Assignment ->
From the entries that follow, reproduce exactly and only the lines from the line with "unfolding main new_server" to the line with "abbrev calls : List Call", endpoints included.

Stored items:
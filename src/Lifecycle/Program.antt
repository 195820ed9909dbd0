-- ===== src/Lifecycle/Program.antt =====
-- The program of telnetServ/main.cc: what its server holds when it runs.
use telnet_serv.Prelude.{ℕ, ◌≡◌, refl, true, some, List, [], ◌∷◌, if◌then◌else◌}
use telnet_serv.Text.{str_eq}
use telnet_serv.CmdTable.{find, reg_command, find_command}
use telnet_serv.CmdTable.Lookup.{find_command-reg_command, IsOrdered, reg_command-IsOrdered}
use telnet_serv.Terminal.{codes}
use telnet_serv.Lifecycle.{started, new_server, init, register, main}

-- The functions that the program's server calls.
abbrev pub program_command : ℕ → ℕ → List ℕ → ℕ
program_command time_printf no_time_printf name =
    if str_eq (codes "tn") name
    then no_time_printf
    else if str_eq (codes "tt") name
    then time_printf
    else 0

-- main, up to its wait for input: the server runs, it has made and started two threads, a command
-- calls testTimePrintf if it is "tt", testNoTimePrintf if it is "tn", and nothing otherwise, and the
-- names are in the order of the map.
pub main_lem :
    (garbage time_printf no_time_printf : ℕ)
    → let s = main garbage time_printf no_time_printf in
      (s.is_running ≡ true)
      × (s.events ≡ started 0 ∷ started 1 ∷ [])
      × (s.thd_telnet_daemon_handle ≡ some 0)
      × (s.thd_log_out_put_handle ≡ some 1)
      × ((name : List ℕ)
          → find_command name s.cmd_fun_table ≡ program_command time_printf no_time_printf name)
      × IsOrdered s.cmd_fun_table
unfolding main new_server init register find_command find
main_lem garbage time_printf no_time_printf =
    let usage = codes "print dcServer version" in
    let first = reg_command (codes "tt") time_printf usage [] in
    (
      refl,
      refl,
      refl,
      refl,
      λ name. rw (
        find_command-reg_command (codes "tn") name no_time_printf usage first,
        find_command-reg_command (codes "tt") name time_printf usage [],
      ),
      reg_command-IsOrdered (codes "tn") no_time_printf usage first
          (reg_command-IsOrdered (codes "tt") time_printf usage [] tt),
    )
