-- ===== src/Lifecycle/Tests.antt =====
-- The life of a server: runs, and instances of the theorems.
use telnet_serv.Prelude.{ℕ, ◌≡◌, refl, true, some, List, [], ◌∷◌, arith}
use telnet_serv.Terminal.{codes}
use telnet_serv.CmdTable.{find_command}
use telnet_serv.CmdTable.Lookup.{IsOrdered}
use telnet_serv.Lifecycle.{
  Server, started, notified, joined, new_server, init, destory, destroy, register, main,
}
use telnet_serv.Lifecycle.Threads.{
  Call, call_init, call_destory, call_register, perform, starts, joins, threads_joined,
}
use telnet_serv.Lifecycle.Lost.{second_init_loses}
use telnet_serv.Lifecycle.Program.{program_command, main_lem}

-- Two lives of a server, the second ended by the destructor.
abbrev calls : List Call
calls =
    call_register (codes "tt") 100 [] ∷ call_init 1 ∷ call_destory ∷ call_destory ∷ call_init 2 ∷ []

two_lives :
    (destroy (perform calls (new_server 7))).events
    ≡ started 0
      ∷ started 1
      ∷ notified
      ∷ joined 0
      ∷ joined 1
      ∷ notified
      ∷ started 2
      ∷ started 3
      ∷ notified
      ∷ joined 2
      ∷ joined 3
      ∷ []
unfolding new_server init destory destroy register
two_lives = refl

threads_joined_example :
    (starts 2 (destroy (perform calls (new_server 7))).events ≡ 1)
    × (joins 2 (destroy (perform calls (new_server 7))).events ≡ 1)
unfolding new_server init destory destroy register
threads_joined_example = threads_joined 7 calls (refl, (refl, tt)) 2

abbrev running : Server
unfolding init new_server
running = init 1 (new_server 7)

-- The first telnet thread is never joined when init is called again.
second_init_loses_example :
    joins 0 (perform (call_destory ∷ call_destory ∷ []) (init 1 running)).events ≡ 0
unfolding init new_server
second_init_loses_example =
    second_init_loses 0 1 running (omega arith) (call_destory ∷ call_destory ∷ [])

main_lem_example :
    let s = main 7 100 200 in
    (s.is_running ≡ true)
    × (s.events ≡ started 0 ∷ started 1 ∷ [])
    × (s.thd_telnet_daemon_handle ≡ some 0)
    × (s.thd_log_out_put_handle ≡ some 1)
    × ((name : List ℕ) → find_command name s.cmd_fun_table ≡ program_command 100 200 name)
    × IsOrdered s.cmd_fun_table
main_lem_example = main_lem 7 100 200
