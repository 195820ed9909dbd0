-- ===== src/Listen/Tests.antt =====
-- The listening socket, where only port 2502 is free: a run, and instances of the theorems.
use telnet_serv.Prelude.{ℕ, ◌+◌, ◌==◌, ◌≡◌, refl, Bool, true, Option, some, []}
use telnet_serv.Os.{World}
use telnet_serv.Listen.{create_tcp_listen_sock, bind_to, listen_on, scan_ports, start_listen}
use telnet_serv.Listen.Ports.{Keeps, candidates, try_ports, start_listen-Keeps, start_listen_lem}

-- Sockets are numbered as they come.
abbrev next_socket : ℕ → Option ℕ × ℕ
next_socket os = (some os, os + 1)

abbrev free_port : ℕ → ℕ → ℕ → Bool × ℕ
free_port fd port os = (port == 2502, os)

abbrev all_listen : ℕ → ℕ → Bool × ℕ
all_listen fd os = (true, os)

abbrev boot : World ℕ
boot = record { os = 3; trace = [] }

-- 2500 is wanted, and tried twice; then 2501 and 2502.
third_port :
    (start_listen next_socket free_port all_listen 2500 boot).0
    ≡ record { sock_serv = some 6; port_listen = 2502 }
unfolding start_listen scan_ports create_tcp_listen_sock bind_to listen_on
third_port = refl

start_listen-Keeps_example :
    Keeps
      (start_listen next_socket free_port all_listen 2500 boot).0.sock_serv
      boot
      (start_listen next_socket free_port all_listen 2500 boot).1
start_listen-Keeps_example = start_listen-Keeps next_socket free_port all_listen 2500 boot

start_listen_lem_example :
    start_listen next_socket free_port all_listen 0 boot
    ≡ try_ports next_socket free_port all_listen (candidates 0) boot
start_listen_lem_example = start_listen_lem next_socket free_port all_listen 0 boot
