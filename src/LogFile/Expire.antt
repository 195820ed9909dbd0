-- ===== src/LogFile/Expire.antt =====
-- deleteExpiredFile: which files of the directory are removed.
use telnet_serv.Prelude.{
  ℕ, ◌+◌, ◌-◌, ◌*◌, ◌%◌, ◌^◌, ◌≡◌, true, List, [], ◌∷◌, ◌++◌, if◌then◌else◌, length, ◌≤◌,
}
use telnet_serv.Text.{str_lt}
use telnet_serv.Terminal.{codes}
use telnet_serv.LogFile.{LogFile, is_log_name}
use telnet_serv.LogFile.Dirs.{Host}

-- A file of this log: the base name, the day of its file name, and what comes behind.
abbrev pub own_name : List ℕ → List ℕ × List ℕ → List ℕ
own_name base file = base ++ (file.0 ++ file.1)

-- The command that removes a file.
abbrev pub rm_of : List ℕ → List ℕ → List ℕ
rm_of dir name = codes "rm -f " ++ (dir ++ name)

-- The days are as long as `day`, the names end in ".log", and the commands fit into their array.
abbrev pub AreOwn : List ℕ → List ℕ → List ℕ → List (List ℕ × List ℕ) → Type 0
AreOwn dir base day [] = Unit {0}
AreOwn dir base day (file ∷ files) =
    ((length file.0 ≡ length day)
      × (is_log_name (own_name base file) ≡ true)
      × (length (rm_of dir (own_name base file)) ≤ 255))
    × AreOwn dir base day files

module _ (h : Host) where
  open h use {W, access, time, read_dir, system, day_text}

  -- The files of days before `day` are removed, one by one.
  abbrev pub remove_older : List ℕ → List ℕ → List ℕ → List (List ℕ × List ℕ) → W → W
  remove_older dir base day [] w = w
  remove_older dir base day (file ∷ files) w =
      remove_older dir base day files
        (if str_lt file.0 day then system (rm_of dir (own_name base file)) w else w)

  -- The day's text in a name, that many days before `now`.
  abbrev pub oldest_day : ℕ → ℕ → List ℕ
  oldest_day days now = day_text ((now + 2 ^ 64 - days * 24 * 3600) % 2 ^ 64)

Response ->
unfolding main new_server init register find_command find
main_lem garbage time_printf no_time_printf =
    let usage = codes "print dcServer version" in
    let first = reg_command (codes "tt") time_printf usage [] in
    (
      refl,
      refl,
      refl,
      refl,
      λ name. rw (
        find_command-reg_command (codes "tn") name no_time_printf usage first,
        find_command-reg_command (codes "tt") name time_printf usage [],
      ),
      reg_command-IsOrdered (codes "tn") no_time_printf usage first
          (reg_command-IsOrdered (codes "tt") time_printf usage [] tt),
    )
-- ===== src/Lifecycle/Tests.antt =====
-- The life of a server: runs, and instances of the theorems.
use telnet_serv.Prelude.{ℕ, ◌≡◌, refl, true, some, List, [], ◌∷◌, arith}
use telnet_serv.Terminal.{codes}
use telnet_serv.CmdTable.{find_command}
use telnet_serv.CmdTable.Lookup.{IsOrdered}
use telnet_serv.Lifecycle.{
  Server, started, notified, joined, new_server, init, destory, destroy, register, main,
}
use telnet_serv.Lifecycle.Threads.{
  Call, call_init, call_destory, call_register, perform, starts, joins, threads_joined,
}
use telnet_serv.Lifecycle.Lost.{second_init_loses}
use telnet_serv.Lifecycle.Program.{program_command, main_lem}

-- Two lives of a server, the second ended by the destructor.
abbrev calls : List Call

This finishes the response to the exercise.